◆ WHAT NEEDS TO BE DONE: Within the material below, locate the line with "(Writer.after_take s ring t)" and the line with "unfolding writer_take", then return those two lines and all lines between them, exactly as written.

Segment Start: SUPPLIED RECORDS

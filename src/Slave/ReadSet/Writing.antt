-- ===== src/Slave/ReadSet/Writing.antt =====
-- The rounds of `writingFunc` leave `maxFd` above the descriptors watched.
use slg.Base.{ℕ, Option, none, some, Bool, Bool-cases, inl, inr}
use slg.Base.Outcome.{Ensures, Ensures-bind}
use slg.Circular.{CircularBuffer, get_circ}
use slg.Client.{Client, Stats, State, waiting, reading, writing, connecting}
use slg.Slave.{System, Taken, nothing, client, outside, taken_index, in_memory}
use slg.Slave.Writer.{WriterAnswers, writer_take, writer_serve, build_if_new, hand_over}
use slg.Slave.Writer
use slg.Client.Request.{send_request}
use slg.Client.Connect.{finalize_connect_client_to_server, initialize_connect_client_to_server}
use slg.Client.Counts.{Unspecified}
use slg.Slave.ReadSet.{Covers, Any, Ensures-Any}

writer_after_take-Covers :
    (s : System) (ring : CircularBuffer) (t : Taken)
    → Covers s
    → Ensures Unspecified (λ (r : System × Bool). Covers r.0) (Writer.after_take s ring t)
unfolding Writer.after_take
writer_after_take-Covers s ring nothing b = b
writer_after_take-Covers s ring outside b = tt
writer_after_take-Covers s ring (client i) b = b

pub writer_take-Covers :
    (s : System)
    → Covers s
    → Ensures Unspecified (λ (r : System × Bool). Covers r.0) (writer_take s)
unfolding writer_take
writer_take-Covers s b =
    let m = in_memory (get_circ s.to_write_buffer) in
    Ensures-bind Unspecified Any (λ (r : System × Bool). Covers r.0) m _ (Ensures-Any m)
      (λ r u. writer_after_take-Covers s r.1 (taken_index s.config.nb_clients r.0) b)

after_send-Covers :
    (s : System) (i fd : ℕ) (st : State) (c : Client) (g : Stats)
    → Covers s
    → Ensures Unspecified Covers (Writer.after_send s i fd st c g)
unfolding Writer.after_send
after_send-Covers s i fd reading c g b =
    let m = hand_over s.to_read_buffer i in
    Ensures-bind Unspecified Any Covers m _ (Ensures-Any m) (λ r u. b)
after_send-Covers s i fd waiting c g b = tt
after_send-Covers s i fd writing c g b = tt
after_send-Covers s i fd connecting c g b = tt

write_client-Covers :
    (s : System) (i : ℕ) (a : WriterAnswers) (c : Client) (fd : Option ℕ)
    → Covers s
    → Ensures Unspecified Covers (Writer.write_client s i a c fd)
unfolding Writer.write_client
write_client-Covers s i a c none b = tt
write_client-Covers s i a c (some fd) b = elim (Bool-cases (a.ready fd)) [
  | inl e ↦ rw e (
      let m = build_if_new s.config c in
      Ensures-bind Unspecified Any Covers m _ (Ensures-Any m) (λ d u.
        let n = send_request a.pending_error a.now a.write_answer d s.stats in
        Ensures-bind Unspecified Any Covers n _ (Ensures-Any n)
          (λ r v. after_send-Covers s i fd r.0.state r.0 r.1 b)))
  | inr e ↦ rw e b
]

finish_connect-Covers :
    (s : System) (i : ℕ) (a : WriterAnswers) (c : Client) (fd : Option ℕ)
    → Covers s
    → Ensures Unspecified Covers (Writer.finish_connect s i a c fd)
unfolding Writer.finish_connect
finish_connect-Covers s i a c none b = tt
finish_connect-Covers s i a c (some fd) b = elim (Bool-cases (a.ready fd)) [
  | inl e ↦ rw e (
      let m = finalize_connect_client_to_server a.pending_error a.now a.local_port c s.stats in
      Ensures-bind Unspecified Any Covers m _ (Ensures-Any m) (λ r u. b))
  | inr e ↦ rw e b
]

start_connect-Covers :
    (s : System) (i : ℕ) (a : WriterAnswers) (c : Client)
    → Covers s
    → Ensures Unspecified Covers (Writer.start_connect s i a c)
unfolding Writer.start_connect
start_connect-Covers s i a c b =
    let m = initialize_connect_client_to_server a.socket_answers a.connect_answer c s.connect_fds in
    Ensures-bind Unspecified Any Covers m _ (Ensures-Any m) (λ r u. b)

writer_client-Covers :
    (s : System) (i : ℕ) (a : WriterAnswers) (c : Client) (st : State)
    → Covers s
    → Ensures Unspecified Covers (Writer.serve s i a c st)
unfolding Writer.serve
writer_client-Covers s i a c writing b = write_client-Covers s i a c c.fd b
writer_client-Covers s i a c connecting b = elim (Bool-cases c.connect_in_progress) [
  | inl e ↦ simp e (finish_connect-Covers s i a c c.fd b)
  | inr e ↦ simp e (start_connect-Covers s i a c b)
]
writer_client-Covers s i a c reading b = b
writer_client-Covers s i a c waiting b = b

pub writer_serve-Covers :
    (s : System) (i : ℕ) (a : WriterAnswers)
    → Covers s
    → Ensures Unspecified Covers (writer_serve s i a)
unfolding writer_serve
writer_serve-Covers s i a b = elim (Bool-cases (s.internal_to_write i)) [
  | inl e ↦ rw e (writer_client-Covers s i a (s.all_clients i) (s.all_clients i).state b)
  | inr e ↦ rw e b
]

Segment End: SUPPLIED RECORDS

◆ REPLY TO THE EXERCISE:
    → Ensures Unspecified (λ (r : System × Bool). Covers r.0) (Writer.after_take s ring t)
unfolding Writer.after_take
writer_after_take-Covers s ring nothing b = b
writer_after_take-Covers s ring outside b = tt
writer_after_take-Covers s ring (client i) b = b

pub writer_take-Covers :
    (s : System)
    → Covers s
    → Ensures Unspecified (λ (r : System × Bool). Covers r.0) (writer_take s)
unfolding writer_take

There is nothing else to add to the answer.